Needless to say, the various methods of controlling note duration could never be learned in a two-hour workshop. We were all more than happy just to be with the man and, in particular, to learn details of how he got his larger-than-life sound. (I had the technical details I already knew confirmed.) At the end, a group of folks crowded around him. I really wanted to speak with him and tell him how much his music had always meant to me. But the crowd was thick; I waited a few minutes and decided I'd end up being there all night so I went to leave. Out from the middle of his group of adoring fans, he called out to me. He said, "You wanted to tell me something?" It was quite as if God had descended from on high to speak directly to me.

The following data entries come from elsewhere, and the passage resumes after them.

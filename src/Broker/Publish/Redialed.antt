-- ===== src/Broker/Publish/Redialed.antt =====
-- shared/pkg/broker/rabbitmq.go: a publisher that is replaced, and the outstanding confirmations.
use mathlib.Core.Path.{subst}
use price_scount.Base.{ℕ, ◌≡◌, sym, ◌⊎◌, inl, inr, Bool, true, false, none, some, arith, Bool-cases}
use price_scount.Broker.{Connection, close, closing, lacks_publisher}
use price_scount.Broker.Publisher.{open_publisher}
use price_scount.Broker.Publisher.Frame.{
  pending, close-idle, open_publisher-idle, open_publisher-made,
}
use price_scount.Broker.Publish.{Redial, adopt, abandon, replace_publisher, redial}
use price_scount.Broker.Publish.Attempts.{Answer-cases}
use price_scount.Broker.Publish.Settled.{IsSettled, idle-IsSettled}

closing-idle : (b : Bool) (c : Connection) → c.publish_ch ≡ none → (closing b c).publish_ch ≡ none
closing-idle true c h = close-idle c h
closing-idle false c h = h

adopt-IsSettled :
    (made : ℕ × ℕ) (c : Connection)
    → c.publish_ch ≡ none
    → c.confirms ≡ some made.1
    → c.returns ≡ some made.1
    → pending made.1 c.trace ≡ 0
    → IsSettled (adopt made c).1
unfolding adopt
adopt-IsSettled made c idle confirms returns rest k e = elim (Bool-cases c.closed) [
  | inl shut ↦ absurd (ground (arith, shut, idle, e))
  | inr open_still ↦ ground (arith, open_still, confirms, returns, rest, e)
]

-- A close that comes before the adoption makes it fail.
adopt_closed-IsSettled :
    (made : ℕ × ℕ) (c : Connection) → c.publish_ch ≡ none → IsSettled (adopt made (close c)).1
unfolding adopt close
adopt_closed-IsSettled made c idle k e = absurd (ground (arith, idle, e))

replace-IsSettled :
    (r : Redial) (c : Connection) → c.publish_ch ≡ none → IsSettled (replace_publisher r c).1
replace-IsSettled r c idle =
    let c' : Connection = (open_publisher r.setup c).1 in
    let idle' : c'.publish_ch ≡ none = (open_publisher-idle r.setup c idle).0 in
    elim (Bool-cases r.expired) [
      | inl e ↦
          let step : (replace_publisher r c).1 ≡ c =
            unfold replace_publisher in ground (arith, e) in
          subst IsSettled (sym step) (idle-IsSettled c idle)
      | inr e ↦ elim (Answer-cases (open_publisher r.setup c).0) [
        | inr (x, f) ↦
            let step : (replace_publisher r c).1 ≡ c' =
              unfold replace_publisher in ground (arith, e, f) in
            subst IsSettled (sym step) (idle-IsSettled c' idle')
        | inl (made, f) ↦
            let step : (replace_publisher r c).1 ≡ (adopt made (closing r.closes_late c')).1 =
              unfold replace_publisher in ground (arith, e, f) in
            let facts : (c'.confirms ≡ some made.1)
                × (c'.returns ≡ some made.1)
                × (pending made.1 c'.trace ≡ 0) =
              open_publisher-made r.setup c made idle f in
            subst IsSettled (sym step) (elim (Bool-cases r.closes_late) [
              | inl late ↦
                  let shut : closing r.closes_late c' ≡ close c' = ground (arith, late) in
                  subst (λ x. IsSettled (adopt made x).1) (sym shut)
                    (adopt_closed-IsSettled made c' idle')
              | inr calm ↦
                  let same : closing r.closes_late c' ≡ c' = ground (arith, calm) in
                  subst (λ x. IsSettled (adopt made x).1) (sym same)
                    (adopt-IsSettled made c' idle' facts.0 facts.1 facts.2)
            ])
      ]
    ]

redial-cases :
    (r : Redial) (c : Connection)
    → ((redial r c).1 ≡ c)
      ⊎ ((redial r c).1 ≡ (replace_publisher r (closing r.closes_early (abandon c))).1)
unfolding redial
redial-cases r c = elim (Bool-cases r.gate) [
  | inr shut ↦ inl (ground (arith, shut))
  | inl entered ↦ elim (Bool-cases c.closed) [
    | inl closed ↦ inl (ground (arith, entered, closed))
    | inr usable ↦ elim (Bool-cases (lacks_publisher r.health c)) [
      | inr healthy ↦ inl (ground (arith, entered, usable, healthy))
      | inl lost ↦ inr (ground (arith, entered, usable, lost))
    ]
  ]
]

pub redial-IsSettled : (r : Redial) (c : Connection) → IsSettled c → IsSettled (redial r c).1
redial-IsSettled r c h = elim (redial-cases r c) [
  | inl same ↦ subst IsSettled (sym same) h
  | inr step ↦
      let left : Connection = abandon c in
      let gone : left.publish_ch ≡ none = ground arith in
      subst IsSettled (sym step)
        (replace-IsSettled r (closing r.closes_early left) (closing-idle r.closes_early left gone))
]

I walked back over to him; the rest of the group stood in stunned silence. I reiterated what I said above, about his music having always been familiar to me, in the best of ways. He told me that was the best compliment he could receive and thanked me for being a fan. I am often thankful that I was able to meet the man whose music meant the world to me. While I was still able, I composed two pieces which were very much in Hedges' style; though I have no recordings, I'm happy to say I performed the pieces at a hootenanny and blew the audience of a couple of hundred people away. And the last time I saw Michael Hedges, he was calling to me at a workshop, asking me to put my money where my mouth was.